An ambulance service claims that AT LEAST 43% of the calls are life-threatening emergencies. The 43% is the given proportion. The sample size is 200 and the alpha (or significance level) is 0.05, the Z critical value for this alpha is -1.645. If the z-score is less than this value we can accept the Ha (reject H0). Because these are given we proceed to calculate the test statistic z (used for bigger sample size like this case). We have to proceed and calculate the p-value (left-tailed test).

H0: The proportion of life threatening emergency calls is (at least) 43% (\(p ≥ 0.43\)) Ha: The proportion of life threatening emergency calls is less than 43% (\(p < 0.43\))

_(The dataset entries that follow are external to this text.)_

-- ===== src/Station/RouterLaws.antt =====
-- internal/backend/basicstation/structs/router_config.go: the channels of the concentrators in the router-config.
use mathlib.Core.Path.{subst}
use mathlib.Core.List.{Permᴰ}
use lora_gateway_bridge.Common.{
  ℕ, ◌≡◌, refl, sym, ap, ◌∙◌, Bool, false, List, [], ◌∷◌, map, length, All, Eui64, Result, ok, err,
  panic, ◌>>=◌, >>=-eq-ok, ok_injective, from_option, wrap, wrap-eq-ok, Option, none, some,
}
use lora_gateway_bridge.Gw.{ChannelConfiguration}
use lora_gateway_bridge.Filters.{NetId}
use lora_gateway_bridge.Sx1301.{less, Radios, get_radio_frequencies}
use lora_gateway_bridge.Sx1301.Assign.{
  IsUsual, IsSorted, IsAssigned, All-Permᴰ, get_radio_frequencies-IsAssigned,
}
use lora_gateway_bridge.PfConfig.Channels.{multi_sf_all}
use lora_gateway_bridge.Station.Band.{Band}
use lora_gateway_bridge.Station.Concentrator.{
  Sx1301Conf, conf_radio, set_radios, set_channel, radio_frequencies_error, band_config_error,
  set_channels,
}
use lora_gateway_bridge.Station.RouterConfig.{
  Region, RouterConfig, BasicStationConcentrator, channel_configs, sx1301_conf_of, base_config,
  get_router_config_old, concentrator_confs, get_router_config,
}
use lora_gateway_bridge.Station.ChannelLaws.{
  multi_sf_received, lora_std_received, fill, last_one_sf, has_fsk, IsConfigured,
  set_radios-IsConfigured, set_channels-IsConfigured,
}

-- one round of the loop over the concentrators
bind_once {ℓ κ μ ν} :
    {E : Type ℓ} {A : Type κ} {B : Type μ} {C : Type ν} (o : Result E A) (first : Result E B)
    (next : A → List B → C)
    → (o >>= λ a. (first >>= λ b. ok (b ∷ [])) >>= λ bs. ok (next a bs))
      ≡ (o >>= λ a. first >>= λ b. ok (next a (b ∷ [])))
bind_once (ok a) (ok b) next = refl
bind_once (ok a) (err e) next = refl
bind_once (ok a) panic next = refl
bind_once (err e) first next = refl
bind_once panic first next = refl

-- the two radios of a concentrator
abbrev pub radios_of : Sx1301Conf → Radios
radios_of conf = (conf.radio_0.freq, conf.radio_1.freq)

module _
    (sort : (ChannelConfiguration → ChannelConfiguration → Bool)
      → List ChannelConfiguration
      → List ChannelConfiguration) where
  -- The concentrator is set up for the channels.
  pub record SetUp (channels : List ChannelConfiguration) (conf : Sx1301Conf) : Type 0 where
    pub placed : get_radio_frequencies sort channels ≡ ok (radios_of conf)
    pub radio_0 : conf.radio_0 ≡ conf_radio conf.radio_0.freq
    pub radio_1 : conf.radio_1 ≡ conf_radio conf.radio_1.freq
    pub multi_sf_chans :
        map (multi_sf_received (radios_of conf)) conf.chan_multi_sf
        ≡ fill 8 (multi_sf_all (sort less channels))
    pub fsk_chan : conf.chan_fsk_enable ≡ has_fsk (sort less channels) false
    pub lora_std_chan :
        lora_std_received (radios_of conf) conf.chan_lora_std
        ≡ last_one_sf (sort less channels) none

  sx1301_conf_of-SetUp :
      (channels : List ChannelConfiguration) (conf : Sx1301Conf)
      → sx1301_conf_of sort channels ≡ ok conf
      → SetUp channels conf
  unfolding sx1301_conf_of
  sx1301_conf_of-SetUp channels conf h =
      let (radios, h1, h2) =
        >>=-eq-ok (wrap radio_frequencies_error (get_radio_frequencies sort channels)) _ h in
      let ((count, conf'), h3, h4) =
        >>=-eq-ok (set_channels radios (sort less channels) (0, set_radios radios)) _ h2 in
      let s =
        subst
          (λ t.
            IsConfigured radios (multi_sf_all (sort less channels))
              (has_fsk (sort less channels) false) (last_one_sf (sort less channels) none)
              (count, t))
          (ok_injective h4)
          (set_channels-IsConfigured radios (sort less channels) [] false none
            (0, set_radios radios) (count, conf') (set_radios-IsConfigured radios) h3) in
      let same : radios_of conf ≡ radios = rw (s.radio_0, s.radio_1) refl in
      record {
        placed =
            wrap-eq-ok radio_frequencies_error (get_radio_frequencies sort channels) h1
            ∙ ap ok (sym same);
        radio_0 = s.radio_0 ∙ ap (λ r. conf_radio r.freq) (sym s.radio_0);
        radio_1 = s.radio_1 ∙ ap (λ r. conf_radio r.freq) (sym s.radio_1);
        multi_sf_chans =
            subst
              (λ r.
                map (multi_sf_received r) conf.chan_multi_sf
                ≡ fill 8 (multi_sf_all (sort less channels)))
              (sym same) s.multi;
        fsk_chan = s.with_fsk;
        lora_std_chan =
            subst
              (λ r. lora_std_received r conf.chan_lora_std ≡ last_one_sf (sort less channels) none)
              (sym same) s.with_std;
      }

  -- Each concentrator has its configuration.
  abbrev pub AllSetUp : List BasicStationConcentrator → List Sx1301Conf → Type 0
  AllSetUp [] [] = Unit
  AllSetUp (c ∷ cs) (conf ∷ confs) = SetUp (channel_configs c) conf × AllSetUp cs confs
  AllSetUp _ _ = ⊥

  concentrator_confs-AllSetUp :
      (cs : List BasicStationConcentrator) (confs : List Sx1301Conf)
      → concentrator_confs sort cs ≡ ok confs
      → AllSetUp cs confs
  unfolding concentrator_confs
  concentrator_confs-AllSetUp [] [] h = tt
  concentrator_confs-AllSetUp [] (conf ∷ confs) h = cc
  concentrator_confs-AllSetUp (c ∷ cs) confs h =
      let (conf, h1, h2) = >>=-eq-ok (sx1301_conf_of sort (channel_configs c)) _ h in
      let (rest, h3, h4) = >>=-eq-ok (concentrator_confs sort cs) _ h2 in
      subst (AllSetUp (c ∷ cs)) (ok_injective h4)
        (sx1301_conf_of-SetUp (channel_configs c) conf h1, concentrator_confs-AllSetUp cs rest h3)

  module _ (get_config : Region → Option Band) where
    -- If GetRouterConfig succeeds, then it has a configuration for each concentrator, in order, and each
    -- is set up for its channels, which are taken in the order of `sort`: its radios are those that
    -- GetRadioFrequencies gives, enabled when their frequency is not 0; its eight multi-SF
    -- channels receive on the frequencies of the first eight channels with no or several
    -- spreading-factors, and the ones left over are off; the FSK channel is on exactly when there is
    -- one; the LoRa channel with one spreading-factor receives on the frequency of the last such channel.
    pub get_router_config-AllSetUp :
        (region : Region) (net_ids : List NetId) (join_euis : List (Eui64 × Eui64))
        (freq_min freq_max : ℕ) (concentrators : List BasicStationConcentrator)
        (config : RouterConfig)
        → get_router_config sort get_config region net_ids join_euis freq_min freq_max concentrators
          ≡ ok config
        → AllSetUp concentrators config.sx1301_conf
    unfolding get_router_config base_config
    get_router_config-AllSetUp region net_ids join_euis freq_min freq_max concentrators config h =
        let (band, h1, h2) = >>=-eq-ok (from_option band_config_error (get_config region)) _ h in
        let (confs, h3, h4) = >>=-eq-ok (concentrator_confs sort concentrators) _ h2 in
        subst (λ t. AllSetUp concentrators t.sx1301_conf) (ok_injective h4)
          (concentrator_confs-AllSetUp concentrators confs h3)

    -- For one concentrator GetRouterConfig gives what GetRouterConfigOld gives for its channels.
    pub get_router_config-old :
        (region : Region) (net_ids : List NetId) (join_euis : List (Eui64 × Eui64))
        (freq_min freq_max : ℕ) (concentrator : BasicStationConcentrator)
        → get_router_config sort get_config region net_ids join_euis freq_min freq_max
            (concentrator ∷ [])
          ≡ get_router_config_old sort get_config region net_ids join_euis freq_min freq_max
              (channel_configs concentrator)
    unfolding get_router_config get_router_config_old concentrator_confs
    get_router_config-old region net_ids join_euis freq_min freq_max concentrator =
        bind_once (from_option band_config_error (get_config region))
          (sx1301_conf_of sort (channel_configs concentrator))
          (λ band confs. base_config region net_ids join_euis freq_min freq_max 1 band confs)

  -- Usual channels, for which there are two radio frequencies.
  pub record IsPlanned (channels : List ChannelConfiguration) : Type 0 where
    pub sorted : IsSorted (sort less channels)
    pub permuted : Permᴰ channels (sort less channels)
    pub usual : All IsUsual channels
    pub radios : Radios
    pub placed : get_radio_frequencies sort channels ≡ ok radios

  set_channels-ok :
      (radios : Radios) (cs : List ChannelConfiguration) (state : ℕ × Sx1301Conf)
      → All (IsAssigned radios) cs
      → (state' : ℕ × Sx1301Conf) × (set_channels radios cs state ≡ ok state')
  unfolding set_channels
  set_channels-ok radios [] state a = (state, refl)
  set_channels-ok radios (c ∷ cs) state a =
      let (done, e) =
        set_channels-ok radios cs (set_channel radios a.0.radio c.modulation c state) a.1 in
      (done, rw a.0.assigned e)

  sx1301_conf_of-ok :
      (channels : List ChannelConfiguration)
      → IsPlanned channels
      → (conf : Sx1301Conf) × (sx1301_conf_of sort channels ≡ ok conf)
  unfolding sx1301_conf_of
  sx1301_conf_of-ok channels p =
      let assigned = All-Permᴰ (IsAssigned p.radios) p.permuted (
        get_radio_frequencies-IsAssigned sort channels p.radios p.sorted p.permuted p.usual
          p.placed) in
      let (state, e) =
        set_channels-ok p.radios (sort less channels) (0, set_radios p.radios) assigned in
      (state.1, rw (p.placed, e) refl)

  concentrator_confs-ok :
      (cs : List BasicStationConcentrator)
      → All (λ c. IsPlanned (channel_configs c)) cs
      → (confs : List Sx1301Conf) × (concentrator_confs sort cs ≡ ok confs)
  unfolding concentrator_confs
  concentrator_confs-ok [] p = ([], refl)
  concentrator_confs-ok (c ∷ cs) p =
      let (conf, e) = sx1301_conf_of-ok (channel_configs c) p.0 in
      let (confs, e') = concentrator_confs-ok cs p.1 in (conf ∷ confs, rw (e, e') refl)

  -- Let the region be known, and let the channels of each concentrator be usual ones, which
  -- `sort` permutes into the order of `Less`, and for which GetRadioFrequencies finds radio frequencies.
  -- Then GetRouterConfig gives a router-config message.
  pub get_router_config-ok :
      (get_config : Region → Option Band) (region : Region) (net_ids : List NetId)
      (join_euis : List (Eui64 × Eui64)) (freq_min freq_max : ℕ)
      (concentrators : List BasicStationConcentrator) (band : Band)
      → get_config region ≡ some band
      → All (λ c. IsPlanned (channel_configs c)) concentrators
      → (config : RouterConfig) × (get_router_config sort get_config region net_ids join_euis
            freq_min freq_max concentrators
          ≡ ok config)
  unfolding get_router_config
  get_router_config-ok get_config region net_ids join_euis freq_min freq_max concentrators band
        known planned =
      let (confs, e) = concentrator_confs-ok concentrators planned in
      (
        base_config region net_ids join_euis freq_min freq_max (length concentrators) band confs,
        rw (known, e) refl,
      )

prop_am=0.43 #proportion given
n_am=200 #sample size
x_am=101 #number of life threatening cases
p_hat_am= x_am/n_am #p hat or sample proportion

z_score_am=(p_hat_am - prop_am)/sqrt((prop_am* (1-prop_am))/ n_am) #calculating z score
z_score_am #2.14
## [1] 2.14242
p_value_am=pnorm(z_score_am) #p value, calculating pvalue (left tailed test)
p_value_am #0.98
## [1] 0.9839201
cat("Sample Proportion:", round(p_hat_am, 4), "\n") #results
## Sample Proportion: 0.505
cat("Z-score:", round(z_score_am, 4), "\n")
## Z-score: 2.1424
cat("p-value:", round(p_value_am, 4), "\n")
## p-value: 0.9839
if (p_value_am < 0.05) {
  cat("Conclusion: Reject H0. The service's claim is not believable at the 5%.\n")
} else {
  cat("Conclusion: Fail to reject H0. There is no significant evidence against the claim that 43% of the ambulance calls are life threatening .\n") #results
}
## Conclusion: Fail to reject H0. There is no significant evidence against the claim that 43% of the ambulance calls are life threatening .

##Conclusions

Based on the z score = 2.14 and the p value = 0.98 of the life threatening emergency calls these values are higher than the z critical value for alpha 0.05 which states that fail to reject the H0. There is no significant evidence to suggest that the actual proportion of life-threatening emergency calls is lower than 43%. At least 43% or more of the ambulance calls are actually life-threatening. Thus the ambulance service’s claim is believable.